Continuing with my thoughts on epistemology (the philosophy of knowledge) my mind has been lingering on the question of how knowledge is discovered. Particularly I am asking myself about the limits of research to provide useful (or beneficial) information. For any one research study to properly scrutinize the veracity of a principle it must be extremely near-sighted (to use an ophthamolgical metaphor). An exceedingly small part of existence is chosen for study (i.e. patients with acute neck pain referred below the elbow, or adsorption of a particular gas on a solid surface, etc). Years of thorough examination and testing will provide excellent description about the nature of this exceedingly small area replete with evidence for 'behavior' or 'interactions' of variables within the defined scope of study.

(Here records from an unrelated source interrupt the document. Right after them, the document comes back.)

-- ===== src/Sequential/FanOut/Replied.antt =====
-- The events that reply to the requests, in any order.
use durabletask_rs.Prelude.{
  ℕ, suc, ◌+◌, ◌<◌, ◌≡◌, ap, ◌∙◌, sym, String, Bool, true, false, Option, some, List, [], map,
  arith, subst, nat_beq, nat_beq_iff, Bool-cases, inl, inr, length-set, get_or, set,
  get_or-set_self,
}
use durabletask_rs.Prelude.Int.{ℤ, pos, int_eq}
use durabletask_rs.Prelude.HashMap.{HashMap, lookup, remove, lookup-remove}
use durabletask_rs.Oneshot.{value}
use durabletask_rs.Proto.{Timestamp}
use durabletask_rs.Types.Context.{Host}
use durabletask_rs.Registry.{Registry}
use durabletask_rs.Executor.Context.{OrchestrationExecutorContext}
use durabletask_rs.Sequential.{Request, Script, reply}
use durabletask_rs.Sequential.Poll.{fresh, idle}
use durabletask_rs.Sequential.FanOut.{indices, mark}
use durabletask_rs.Sequential.FanOut.Sent.{around}
use durabletask_rs.Sequential.FanOut.Wait.{awaiting, Carries, get_or-set_ne}

-- A request that is marked is another one, or the one that was marked last.
mark_other : (i l : ℕ) (done : ℕ → Bool) → nat_beq i l ≡ false → mark i done l ≡ done l
mark_other i l done e = rw e

unmarked : (i l : ℕ) (done : ℕ → Bool) → mark i done l ≡ false → nat_beq i l ≡ false
unmarked i l done e = elim (Bool-cases (nat_beq i l)) [
  | inl same ↦ absurd (let bad : true ≡ false = sym (rw same) ∙ e in cc)
  | inr differ ↦ differ
]

module _ {Chan Act : Type 0} (host : Host Chan) (registry : Registry Act) (id : String)
    (input : Option String) (now : Timestamp) (requests : ℕ → Request) (results : ℕ → String)
    (n : ℕ) (goal : Script) where
  abbrev pub replies : ℕ → String
  replies i = reply (requests i) (results i)

  -- The senders of the requests that are not done.
  abbrev pub HasTasks : (ℕ → Bool) → HashMap ℤ ℕ → Type 0
  HasTasks done tasks = (i : ℕ) → i < n → done i ≡ false → lookup (pos (suc i)) tasks ≡ some i

  -- The executor waits, and some of the requests are done.
  pub data Waits (done : ℕ → Bool) (c : OrchestrationExecutorContext Chan) : Type 0 where
    waits_at :
        (left j : ℕ) (k : List String → Script) (held : List ℕ) (tasks : HashMap ℤ ℕ)
        (channels : List Chan)
        → suc left + j ≡ n
        → k (map replies (indices (suc left) j)) ≡ goal
        → done j ≡ false
        → ((i : ℕ) → i < j → done i ≡ true)
        → Carries host (idle host id input [] n []) [] n replies goal done j channels
        → HasTasks done tasks
        → c
          ≡ around host registry id input now n
              (awaiting host (idle host id input [] n []) [] n replies goal (suc left) j k)
              held
              tasks
              channels
        → Waits done c

  -- A reply that was sent.
  pub Carries-mark :
      (done : ℕ → Bool) (i j : ℕ) (channels : List Chan) (d : Chan)
      → i < n
      → (host.oneshot.poll_recv d).0 ≡ value (some (replies i))
      → Carries host (idle host id input [] n []) [] n replies goal done j channels
      → Carries host
          (idle host id input [] n [])
          []
          n
          replies
          goal
          (mark i done)
          j
          (set channels i d)
  Carries-mark done i j channels d lt got h = record {
    sized = length-set channels i d ∙ h.sized;
    sent = λ l le below marked. elim (Bool-cases (nat_beq i l)) [
      | inl same ↦
          subst
            (λ (m : ℕ).
              (host.oneshot.poll_recv (get_or (set channels i d) m (fresh host))).0
              ≡ value (some (replies m)))
            ((nat_beq_iff i l).0 same)
            (ap (λ (x : Chan). (host.oneshot.poll_recv x).0)
                (get_or-set_self channels i d (fresh host) (omega (arith, h.sized)))
              ∙ got)
      | inr differ ↦
          ap (λ (x : Chan). (host.oneshot.poll_recv x).0)
            (get_or-set_ne channels i l d (fresh host) (λ e. ground (arith, differ, e)))
          ∙ h.sent l le below (sym (mark_other i l done differ) ∙ marked)
    ];
    unsent = λ l le below marked.
        let differ = unmarked i l done marked in
        get_or-set_ne channels i l d (fresh host) (λ e. ground (arith, differ, e))
        ∙ h.unsent l le below (sym (mark_other i l done differ) ∙ marked);
  }

  pub HasTasks-mark :
      (done : ℕ → Bool) (i : ℕ) (tasks : HashMap ℤ ℕ)
      → HasTasks done tasks
      → HasTasks (mark i done) (remove (pos (suc i)) tasks)
  HasTasks-mark done i tasks h l lt undone =
      let differ = unmarked i l done undone in
      let other : nat_beq (suc i) (suc l) ≡ false = ground (arith, differ) in
      rw (lookup-remove (pos (suc i)) (pos (suc l)) tasks, other)
        (h l lt (sym (mark_other i l done differ) ∙ undone))
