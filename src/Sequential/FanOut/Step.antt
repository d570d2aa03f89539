-- ===== src/Sequential/FanOut/Step.antt =====
-- What a reply does to an orchestrator that started all of its requests: it still waits, or it goes on.
use durabletask_rs.Prelude.{
  ℕ, suc, ◌<◌, ◌≤◌, ◌≡◌, refl, ap, ◌∙◌, sym, subst, String, Bool, true, false, Option, List, [],
  map, arith, set, ◌-◌,
}
use durabletask_rs.Prelude.Int.{ℤ, pos, int_eq}
use durabletask_rs.Prelude.HashMap.{HashMap, remove}
use durabletask_rs.Prelude.Outcome.{Outcome, returns, ◌>>=◌}
use durabletask_rs.Proto.{Timestamp, HistoryEvent}
use durabletask_rs.Types.Context.{Host}
use durabletask_rs.Types.Async.{Async, poll_async}
use durabletask_rs.Types.Function.{OrchestratorResult}
use durabletask_rs.Registry.{Registry}
use durabletask_rs.Executor.Context.{OrchestrationExecutorContext, drain}
use durabletask_rs.Executor.Poll.{poll_unwrap}
use durabletask_rs.Executor.Execute.{round}
use durabletask_rs.Sequential.{Request, Script, code_of, replied_event}
use durabletask_rs.Sequential.Poll.{idle, idle_world}
use durabletask_rs.Sequential.FanOut.{indices, mark}
use durabletask_rs.Sequential.FanOut.Wait.{awaiting, Carries, Polled, waits, goes_on, poll_awaiting}
use durabletask_rs.Sequential.FanOut.Start.{
  receivers, fresh_channels, get_or-fresh_channels, length-fresh_channels,
}
use durabletask_rs.Sequential.FanOut.Drain.{tasks_map, lookup-tasks_map}
use durabletask_rs.Sequential.FanOut.Asked.{listening}
use durabletask_rs.Sequential.FanOut.Sent.{polled_suspended, polled_into, around, replied_round}
use durabletask_rs.Sequential.FanOut.Replied.{
  HasTasks, Waits, waits_at, Carries-mark, HasTasks-mark, replies,
}

module _ {Chan Act : Type 0} (host : Host Chan) (registry : Registry Act) (id : String)
    (input : Option String) (now : Timestamp) (requests : ℕ → Request) (results : ℕ → String)
    (n : ℕ) (goal : Script) where
  abbrev pub IsWaiting : (ℕ → Bool) → OrchestrationExecutorContext Chan → Type 0
  IsWaiting = Waits host registry id input now requests results n goal

  abbrev pub given : ℕ → String
  given = replies host registry id input now requests results n goal

  abbrev pub context_of :
      Async (OrchestratorResult String)
      → List ℕ
      → HashMap ℤ ℕ
      → List Chan
      → OrchestrationExecutorContext Chan
  context_of = around host registry id input now n

  abbrev Holding : (ℕ → Bool) → ℕ → List Chan → Type 0
  Holding = Carries host (idle host id input [] n []) [] n given goal

  abbrev pub code_at : ℕ → ℕ → (List String → Script) → Async (OrchestratorResult String)
  code_at = awaiting host (idle host id input [] n []) [] n given goal

  abbrev pub drained :
      Outcome (OrchestrationExecutorContext Chan) → Outcome (OrchestrationExecutorContext Chan)
  drained p = p >>= λ c. returns (drain host c)

  -- What an event's round comes to.
  pub data After (done : ℕ → Bool) (p : Outcome (OrchestrationExecutorContext Chan)) : Type 0 where
    still :
        (c : OrchestrationExecutorContext Chan) → p ≡ returns c → IsWaiting done c → After done p
    resumed :
        (held : List ℕ) (tasks : HashMap ℤ ℕ) (channels : List Chan)
        → ((i : ℕ) → i < n → done i ≡ true)
        → p ≡ drained (poll_unwrap host (context_of (code_of goal) held tasks channels))
        → After done p

  after_polled :
      (done : ℕ → Bool) (left j : ℕ) (k : List String → Script) (held : List ℕ)
      (tasks : HashMap ℤ ℕ) (channels : List Chan)
      → HasTasks host registry id input now requests results n goal done tasks
      → Polled host
          (idle host id input [] n [])
          []
          n
          given
          goal
          done
          (poll_async host (code_at (suc left) j k) (idle_world host id input [] n held channels))
      → After done
          (drained (poll_unwrap host (context_of (code_at (suc left) j k) held tasks channels)))
  after_polled done left j k held tasks channels has
        (waits left' j' k' held' channels' sum ends undone below carried e) =
      still (context_of (code_at (suc left') j' k') held' tasks channels')
        (polled_suspended host registry id input now n _ _ held held' tasks channels channels' e)
        (waits_at left' j' k' held' tasks channels' sum ends undone below carried has refl)
  after_polled done left j k held tasks channels has (goes_on held' channels' all e) =
      resumed held' tasks channels' all
        (polled_into host registry id input now n _ _ held held' tasks channels channels' e)

  mark_keeps : (i l : ℕ) (done : ℕ → Bool) → done l ≡ true → mark i done l ≡ true
  mark_keeps i l done h = ground arith

  abbrev pub reply_to : ℕ → HistoryEvent
  reply_to i = replied_event host.clock now (requests i) (pos (suc i)) (results i)

  pub after_reply :
      (done : ℕ → Bool) (i : ℕ) (c : OrchestrationExecutorContext Chan)
      → IsWaiting done c
      → i < n
      → done i ≡ false
      → After (mark i done) (round host registry id (reply_to i) c)
  after_reply done i c (waits_at left j k held tasks channels sum ends undone below carried has e)
        lt open_request =
      let le : j ≤ i = ground (arith, below i) in
      let (d, replied, got) =
        replied_round host registry id input now n (requests i) (results i) i
          (code_at (suc left) j k) held tasks channels (has i lt open_request)
          (carried.unsent i le lt open_request) in
      subst (After (mark i done)) (sym (ap (round host registry id (reply_to i)) e ∙ replied)) (
        after_polled (mark i done) left j k held (remove (pos (suc i)) tasks) (set channels i d)
          (HasTasks-mark host registry id input now requests results n goal done i tasks has)
          (poll_awaiting host (idle host id input [] n []) [] n given goal (mark i done) (suc left)
            j k held (set channels i d) sum ends (λ l h. mark_keeps i l done (below l h))
            (Carries-mark host registry id input now requests results n goal done i j channels d lt
              got carried)))

  -- The context once all requests were acknowledged.
  pub listening-IsWaiting :
      (k : List String → Script)
      → 0 < n
      → k (map given (indices n 0)) ≡ goal
      → IsWaiting (λ i. false) (listening host registry id input now requests n k [])
  listening-IsWaiting k some_request ends =
      let positive : suc (n - 1) ≡ n = omega arith in
      waits_at (n - 1) 0 k (receivers host id input requests n) (tasks_map n)
        (fresh_channels host id input requests n) (omega arith)
        (ap (λ (m : ℕ). k (map given (indices m 0))) positive ∙ ends) refl
        (λ i h. absurd (omega arith))
        (record {
          sized = length-fresh_channels host id input requests n;
          sent = λ i le lt bad. absurd (cc);
          unsent = λ i le lt undone. get_or-fresh_channels host id input requests n i;
        })
        (λ i lt undone. lookup-tasks_map i n lt) (ap (λ (m : ℕ). listening_at m) (sym positive))
    where
      listening_at : ℕ → OrchestrationExecutorContext Chan
      listening_at m =
          context_of (code_at m 0 k) (receivers host id input requests n) (tasks_map n)
            (fresh_channels host id input requests n)
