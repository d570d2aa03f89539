-- ===== src/Sequential/FanOut/Order.antt =====
-- Requests that run at the same time: the replies can come in any order.
use durabletask_rs.Prelude.{
  ℕ, suc, ◌<◌, ◌≡◌, refl, ap, ◌∙◌, String, Bool, true, false, Option, none, some, List, [], ◌∷◌,
  ◌++◌, map, arith,
}
use durabletask_rs.Prelude.Int.{pos, int_eq, i32_max}
use durabletask_rs.Prelude.Outcome.{Outcome, returns, bind_returns, ◌>>=◌}
use durabletask_rs.Prelude.Result.{Result, ok}
use durabletask_rs.Proto.{Timestamp, HistoryEvent, OrchestratorAction}
use durabletask_rs.Internal.Events.{new_execution_started_event}
use durabletask_rs.Types.Context.{Host, new_context}
use durabletask_rs.Types.Function.{OrchestratorFunction}
use durabletask_rs.Registry.{Registry, get_orchestrator}
use durabletask_rs.Executor.Context.{
  OrchestrationExecutorContext, new_executor_context, get_actions,
}
use durabletask_rs.Executor.Execute.{process_events, execute}
use durabletask_rs.Executor.Replay.{execute-append}
use durabletask_rs.Sequential.{Request, Script, code_of, due, reply, asked_event, replied_event}
use durabletask_rs.Sequential.Replay.{answer_due}
use durabletask_rs.Sequential.FanOut.{start_all, await_all, indices, mark, IsOrder}
use durabletask_rs.Sequential.FanOut.Drain.{actions_map-IsFrom}
use durabletask_rs.Sequential.FanOut.Asked.{rounds_acknowledged, started_all}
use durabletask_rs.Sequential.FanOut.Sent.{answer_on}
use durabletask_rs.Sequential.FanOut.Replied.{waits_at}
use durabletask_rs.Sequential.FanOut.Step.{
  IsWaiting, reply_to, after_reply, listening-IsWaiting, still, resumed,
}

module _ {Chan Act : Type 0} (host : Host Chan) (registry : Registry Act) (id : String)
    (input : Option String) (now : Timestamp) (requests : ℕ → Request) (results : ℕ → String)
    (n : ℕ) (goal : Script) where
  -- No event is left once all requests are done.
  none_left :
      (done : ℕ → Bool) (order : List ℕ)
      → ((i : ℕ) → i < n → done i ≡ true)
      → IsOrder n done order
      → order ≡ []
  none_left done [] all h = refl
  none_left done (i ∷ order) all (lt, open_request, h) = absurd (let bad = all i lt in cc)

  abbrev pub answer_at :
      Outcome (OrchestrationExecutorContext Chan)
      → Outcome (Result String (List OrchestratorAction))
  answer_at p = p >>= λ c. returns (ok (get_actions c))

  replies_in_order :
      (order : List ℕ) (done : ℕ → Bool) (c : OrchestrationExecutorContext Chan)
      → n < i32_max
      → IsOrder n done order
      → IsWaiting host registry id input now requests results n goal done c
      → answer_at (
          process_events host registry id
            (map (reply_to host registry id input now requests results n goal) order)
            c)
        ≡ answer_due (due host.clock (suc n) goal)
  unfolding process_events
  replies_in_order [] done c few h
        (waits_at left j k held tasks channels sum ends undone below carried has e) =
      absurd (let all : done j ≡ true = h j (omega arith) in cc)
  replies_in_order (i ∷ order) done c few (lt, open_request, h) w =
      elim (after_reply host registry id input now requests results n goal done i c w lt
        open_request) [
          | still c' e w' ↦ rw e (replies_in_order order (mark i done) c' few h w')
          | resumed held tasks channels all e ↦
              rw (e, none_left (mark i done) order all h, bind_returns)
                (answer_on host registry id input now n goal held tasks channels few)
        ]

module _ {Chan Act : Type 0} (host : Host Chan) (registry : Registry Act) (id : String)
    (now : Timestamp) (uuid name : String) (input : Option String) (f : OrchestratorFunction)
    (requests : ℕ → Request) (results : ℕ → String) (n : ℕ) (k : List String → Script) where
  -- What the code receives, in the order of the requests.
  abbrev received : List String
  received = map (λ (i : ℕ). reply (requests i) (results i)) (indices n 0)

  -- An orchestrator that starts `n` requests before it awaits them: once all of them are acknowledged
  -- and replied to, in whatever order the replies come and however the history is cut, the code has
  -- each reply for its own request, and the executor answers the one action that is due behind them:
  -- the next request, or the completion; it panics only where the code itself does. There is a
  -- request, and there are fewer than 2 ^ 31 - 1.
  pub execute_any_order :
      (order : List ℕ) (old_events new_events : List HistoryEvent)
      → get_orchestrator registry name ≡ some f
      → f (new_context id input)
        ≡ start_all (map requests (indices n 0)) (λ tasks. await_all tasks (λ rs. code_of (k rs)))
      → 0 < n
      → n < i32_max
      → IsOrder n (λ i. false) order
      → old_events ++ new_events
        ≡ new_execution_started_event now uuid name id input none none none
            ∷ map (λ (i : ℕ). asked_event host.clock now (requests i) (pos (suc i))) (indices n 0)
          ++ map
              (λ (i : ℕ). replied_event host.clock now (requests i) (pos (suc i)) (results i))
              order
      → execute host registry id old_events new_events
        ≡ answer_due (due host.clock (suc n) (k received))
  unfolding execute process_events new_executor_context
  execute_any_order order old_events new_events found code some_request few ordered cut =
      execute-append host registry id old_events new_events
      ∙ ap (execute host registry id []) cut
      ∙ rw
          (
            started_all host registry id input now requests n uuid name f k found code some_request
                few,
            rounds_acknowledged host registry id input now requests n n 0 k _ _ (omega arith)
                (actions_map-IsFrom host id input requests n n (omega arith)),
          )
          (replies_in_order host registry id input now requests results n (k received) order
            (λ i. false) _ few ordered
            (listening-IsWaiting host registry id input now requests results n (k received) k
              some_request refl))
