-- ===== src/Sequential/FanOut/Partial.antt =====
-- Requests that run at the same time, of which some have not been replied to.
use durabletask_rs.Prelude.{
  ℕ, suc, ◌<◌, ◌≡◌, refl, ap, ◌∙◌, String, Bool, true, false, Option, none, some, List, [], ◌∷◌,
  ◌++◌, map, arith,
}
use durabletask_rs.Prelude.Int.{pos, int_eq, i32_max}
use durabletask_rs.Prelude.Outcome.{returns}
use durabletask_rs.Prelude.Result.{ok}
use durabletask_rs.Proto.{Timestamp, HistoryEvent}
use durabletask_rs.Internal.Events.{new_execution_started_event}
use durabletask_rs.Types.Context.{Host, new_context}
use durabletask_rs.Types.Function.{OrchestratorFunction}
use durabletask_rs.Registry.{Registry, get_orchestrator}
use durabletask_rs.Executor.Context.{
  OrchestrationExecutorContext, new_executor_context, get_actions,
}
use durabletask_rs.Executor.Execute.{process_events, execute}
use durabletask_rs.Executor.Replay.{execute-append}
use durabletask_rs.Sequential.{Request, Script, code_of, reply, asked_event, replied_event}
use durabletask_rs.Sequential.FanOut.{IsPartial, start_all, await_all, indices, mark}
use durabletask_rs.Sequential.FanOut.Drain.{actions_map-IsFrom}
use durabletask_rs.Sequential.FanOut.Asked.{rounds_acknowledged, started_all}
use durabletask_rs.Sequential.FanOut.Replied.{waits_at}
use durabletask_rs.Sequential.FanOut.Step.{
  IsWaiting, reply_to, after_reply, listening-IsWaiting, still, resumed,
}
use durabletask_rs.Sequential.FanOut.Order.{answer_at}

module _ {Chan Act : Type 0} (host : Host Chan) (registry : Registry Act) (id : String)
    (input : Option String) (now : Timestamp) (requests : ℕ → Request) (results : ℕ → String)
    (n : ℕ) (goal : Script) where
  some_left :
      (done : ℕ → Bool) (order : List ℕ)
      → ((i : ℕ) → i < n → done i ≡ true)
      → IsPartial n done order
      → ⊥
  some_left done [] all (i, lt, undone) = absurd (let bad = all i lt in cc)
  some_left done (i ∷ order) all (lt, undone, h) = absurd (let bad = all i lt in cc)

  rest_awaited :
      (order : List ℕ) (done : ℕ → Bool) (c : OrchestrationExecutorContext Chan)
      → IsPartial n done order
      → IsWaiting host registry id input now requests results n goal done c
      → answer_at host registry id input now requests results n goal (
          process_events host registry id
            (map (reply_to host registry id input now requests results n goal) order)
            c)
        ≡ returns (ok [])
  unfolding process_events get_actions
  rest_awaited [] done c h
        (waits_at left j k held tasks channels sum ends undone below carried has e) =
      rw e refl
  rest_awaited (i ∷ order) done c (lt, undone, h) w =
      elim (after_reply host registry id input now requests results n goal done i c w lt undone) [
        | still c' e w' ↦ rw e (rest_awaited order (mark i done) c' h w')
        | resumed held tasks channels all e ↦ absurd (some_left (mark i done) order all h)
      ]

module _ {Chan Act : Type 0} (host : Host Chan) (registry : Registry Act) (id : String)
    (now : Timestamp) (uuid name : String) (input : Option String) (f : OrchestratorFunction)
    (requests : ℕ → Request) (results : ℕ → String) (n : ℕ) (k : List String → Script) where
  -- What the code would receive, in the order of the requests.
  abbrev awaited : List String
  awaited = map (λ (i : ℕ). reply (requests i) (results i)) (indices n 0)

  -- An orchestrator that starts `n` requests before it awaits them, and whose requests are all
  -- acknowledged, is answered with no action as long as a request is not replied to, in whatever
  -- order the other replies came and however the history is cut; nothing panics. There are fewer than
  -- 2 ^ 31 - 1 requests.
  pub execute_partly_replied :
      (order : List ℕ) (old_events new_events : List HistoryEvent)
      → get_orchestrator registry name ≡ some f
      → f (new_context id input)
        ≡ start_all (map requests (indices n 0)) (λ tasks. await_all tasks (λ rs. code_of (k rs)))
      → 0 < n
      → n < i32_max
      → IsPartial n (λ i. false) order
      → old_events ++ new_events
        ≡ new_execution_started_event now uuid name id input none none none
            ∷ map (λ (i : ℕ). asked_event host.clock now (requests i) (pos (suc i))) (indices n 0)
          ++ map
              (λ (i : ℕ). replied_event host.clock now (requests i) (pos (suc i)) (results i))
              order
      → execute host registry id old_events new_events ≡ returns (ok [])
  unfolding execute process_events new_executor_context
  execute_partly_replied order old_events new_events found code some_request few partial cut =
      execute-append host registry id old_events new_events
      ∙ ap (execute host registry id []) cut
      ∙ rw
          (
            started_all host registry id input now requests n uuid name f k found code some_request
                few,
            rounds_acknowledged host registry id input now requests n n 0 k _ _ (omega arith)
                (actions_map-IsFrom host id input requests n n (omega arith)),
          )
          (rest_awaited host registry id input now requests results n (k awaited) order (λ i. false)
            _ partial
            (listening-IsWaiting host registry id input now requests results n (k awaited) k
              some_request refl))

However, clinicians and engineers are charged with the task of working within a relatively enormous swath of reality (i.e. restoring functional wholeness to a person after an accident, or designing a subliming animal repellent, etc.). At times the myopic nature of research will prohibit the clinician from generalizing conclusions from research to the treatment of his patient. Perhaps the research literature has not yet broadly examined the problem at hand or perhaps the research has been primarily laboratory oriented without the intrusion of variables which are present in the clinic. Times like this require the clinician to step beyond the research and either rely on a mentor's imparted knowledge or to intuit a new method for treatment. Does this mean that the clinician (or engineer) is definitely making an error? Absolutely not. The clinician is relying on a different skill set to arrive at knowledge.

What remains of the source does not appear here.